Out-of-pass refusals (e.g. lazy readResource spawn that bypasses the bulk pass entirely) emit length-1 batches inline for shape consistency. Nested passes (bulkPassDepth > 0) do not fire; only the outermost end-of-pass emits the coalesced batch.

State & Lifecycle

  • Budget controller is constructed once per workspace at pool init.
  • clientBudget is immutable after construction; runtime changes require pool reconstruction.
  • mode is also immutable (onEvent is stashed as undefined when mode === 'off' as defense in depth).
  • warnArmed starts true; resets to true via the 37.5% downward crossing.
  • lastRefusedServerNames is NOT cleared on endBulkPass emit — only at the START of the next bulk pass.

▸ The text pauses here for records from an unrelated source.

-- ===== src/Control.antt =====
-- src/coding_agent/agent/control.py: the cancel token, and the steering and follow-up queues. The two
-- queue classes differ in the name that QueueLimitExceededError carries, and in how they are emptied.
pub mod Fifo
pub mod Once
mod Examples
use py_coding_agent.Prelude.{
  ℕ, ◌+◌, String, Bool, true, false, Option, none, some, leb, if◌then◌else◌, List, [], ◌∷◌, ◌++◌,
  length,
}
use py_coding_agent.Prelude.Dict.{Dict, lookup, insert}
use py_coding_agent.Prelude.Text.{is_blank}
use py_coding_agent.Result.{Result, ok, err}

abbrev pub default_queue_limit : ℕ
default_queue_limit = 20

-- `_cancelled` and `_reason`
pub record CancelToken : Type 0 where
  pub is_cancelled : Bool
  pub reason : Option String

abbrev pub new_token : CancelToken
new_token = record { is_cancelled = false; reason = none }

-- `CancelToken.cancel`: the token after the call, and whether this call was the first
unfoldable pub cancel : CancelToken → String → CancelToken × Bool
cancel token reason =
    if token.is_cancelled
    then (token, false)
    else (record token { is_cancelled = true; reason = some reason }, true)

-- SteeringMessage and FollowUpItem
pub record Item : Type 0 where
  pub id : String
  pub text : String
  pub created_at : String
  pub sequence : ℕ

pub data QueueKind : Type 0 where
  steering follow_up : QueueKind

pub data ControlError : Type 0 where
  blank_text : QueueKind → ControlError
  queue_limit_exceeded : QueueKind → ℕ → ControlError

-- the fields of SteeringQueue and of FollowUpQueue
pub record Queue : Type 0 where
  pub max_pending : ℕ
  pub pending : List Item
  pub by_client_event : Dict Item
  pub sequence : ℕ

abbrev pub new_queue : ℕ → Queue
new_queue max_pending = record {
  max_pending = max_pending;
  pending = [];
  by_client_event = [];
  sequence = 0;
}

-- `self._by_client_event.get(client_event_id)`
unfoldable pub known_event : Queue → Option String → Option Item
unfolding lookup
known_event q none = none
known_event q (some e) = lookup e q.by_client_event

unfoldable pub remember : Option String → Item → Dict Item → Dict Item
unfolding insert
remember none item events = events
remember (some e) item events = insert e item events

-- the part of `enqueue` after its checks
unfoldable pub push : Queue → Item → Option String → Queue
unfolding remember
push q item client_event_id = record q {
  pending = q.pending ++ item ∷ [];
  by_client_event = remember client_event_id item q.by_client_event;
  sequence = q.sequence + 1;
}

-- the item that a call of `enqueue` adds
abbrev pub next_item : Queue → String → String → String → Item
next_item q text id now = record {
  id = id;
  text = text;
  created_at = now;
  sequence = q.sequence + 1;
}

-- `enqueue`; `id` and `now` are the values of `new_id` and `utc_now_rfc3339`
unfoldable pub enqueue :
    QueueKind
    → Queue
    → String
    → Option String
    → String
    → String
    → Result ControlError (Item × Queue)
unfolding known_event push
enqueue kind q text client_event_id id now = elim (known_event q client_event_id) [
  | some item ↦ ok (item, q)
  | none ↦
      if is_blank text
      then err (blank_text kind)
      else if leb q.max_pending (length q.pending)
      then err (queue_limit_exceeded kind q.max_pending)
      else ok (next_item q text id now, push q (next_item q text id now) client_event_id)
]

-- `SteeringQueue.drain_before_next_request`
unfoldable pub drain_before_next_request : Queue → List Item × Queue
drain_before_next_request q = (q.pending, record q { pending = [] })

unfoldable pub has_pending : Queue → Bool
has_pending q = elim q.pending [ [] ↦ false | x ∷ xs ↦ true ]

unfoldable pub pop_first : List Item → Option Item × List Item
pop_first [] = (none, [])
pop_first (item ∷ rest) = (some item, rest)

-- `FollowUpQueue.dequeue_after_turn_end`
unfoldable pub dequeue_after_turn_end : Queue → Option Item × Queue
unfolding pop_first
dequeue_after_turn_end q =
    let (item, rest) = pop_first q.pending in (item, record q { pending = rest })

unfoldable pub pending_count : Queue → ℕ
pending_count q = length q.pending

-- `RunControl`
pub record RunControl : Type 0 where
  pub run_id : String
  pub session_id : String
  pub cancel : CancelToken
  pub steering : Queue

abbrev pub new_control : String → String → RunControl
new_control run_id session_id = record {
  run_id = run_id;
  session_id = session_id;
  cancel = new_token;
  steering = new_queue default_queue_limit;
}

This lets a snapshot route called between passes still report the last refusal set (otherwise dashboards would show empty refusals immediately after a refused-batch event was delivered).

Dependencies

  • packages/core/src/tools/mcp-client-manager.ts — re-uses McpBudgetEvent, McpBudgetMode, McpRefusedServer, MCP_BUDGET_WARN_FRACTION, MCP_BUDGET_REARM_FRACTION, BudgetExhaustedError (thrown by pool's acquire on refusal).
  • packages/core/src/tools/mcp-transport-pool.ts — consumes the budget; passes events through to the daemon EventBus via the pool's onEvent plumbing.
  • Daemon snapshot route GET /workspace/mcp — reads getReservedSlots(), getRefusedServerNames(), getReservedCount(), getBudget(), getMode().

Configuration

SourceKnobEffect
Flag--mcp-client-budget=NSets clientBudget for the workspace controller.
Flag--mcp-budget-mode={off,warn,enforce}Sets mode. enforce requires a positive clientBudget; otherwise boot fails explicitly.
EnvQWEN_SERVE_MCP_CLIENT_BUDGET, QWEN_SERVE_MCP_BUDGET_MODEForwarded to ACP child via childEnvOverrides; child's readBudgetFromEnv() picks them up.
Capability tagsmcp_guardrails (always; modes: ['warn', 'enforce']), mcp_guardrail_events (always)See 11-capabilities-versioning.md.

Caveats & Known Limits

  • Reservation key is per-NAME. Two pool entries with the same server name but different fingerprints (e.g. sessions injecting divergent OAuth headers) consume ONE slot together. Subprocess accounting is exposed separately via the pool snapshot's subprocessCount. Operators should think of budget as "configured server slots" not "subprocess count".
  • Hysteresis triggers on reservation count, not live (CONNECTED) count. Reservations include in-flight connects and survive transient disconnects, so hysteresis stays stable across reconnect cycles. Live count is exposed in event payloads as liveCount for SDK consumers that want that lens.
  • warn mode never refuses. It still tracks reservations and fires mcp_budget_warning, but tryReserve always returns 'reserved'. Refusal semantics are enforce-only.
  • Workspace-scoped budget events carry scope: 'workspace' so they fan out to every attached session simultaneously. SDK reducers' mcpBudgetWarningCount / mcpChildRefusedBatchCount increment in lockstep across sessions on the same connection. Per-session legacy events from McpClientManager carry no scope (defaults to 'session' semantically).
  • The kill switch QWEN_SERVE_NO_MCP_POOL=1 disables the pool entirely; the workspace budget is also disabled, and the per-session McpClientManager budget takes over. The capabilities envelope drops mcp_workspace_pool and mcp_pool_restart to report this accurately.
  • ServeMcpBudgetStatusCell.scope is a forward-compatible list shape. Snapshot cells expose budgets[], not a single budget? field. PR 14 v1 emits one scope: 'session' cell for each ACP session because acpAgent.newSessionConfig() constructs that session's Config / McpClientManager. The 'pool' scope is reserved for the Wave 5 PR 23 pool-scoped cell that will sit alongside session-scoped cells. Consumers must tolerate additional unknown scope values by dropping them rather than failing.

References

  • packages/core/src/tools/mcp-workspace-budget.ts (entire class)
  • packages/core/src/tools/mcp-client-manager.ts (BudgetExhaustedError, McpBudgetEvent, hysteresis constants)
  • packages/core/src/tools/mcp-transport-pool.ts (pool's acquire site that calls tryReserve)
  • F2 design document (v2.2): ../../design/f2-mcp-transport-pool.md §11 for workspace-level budget and the v2.2 changelog entries about budget and fingerprint follow-ups.
  • F2 design notes: issue #4175 commit 6.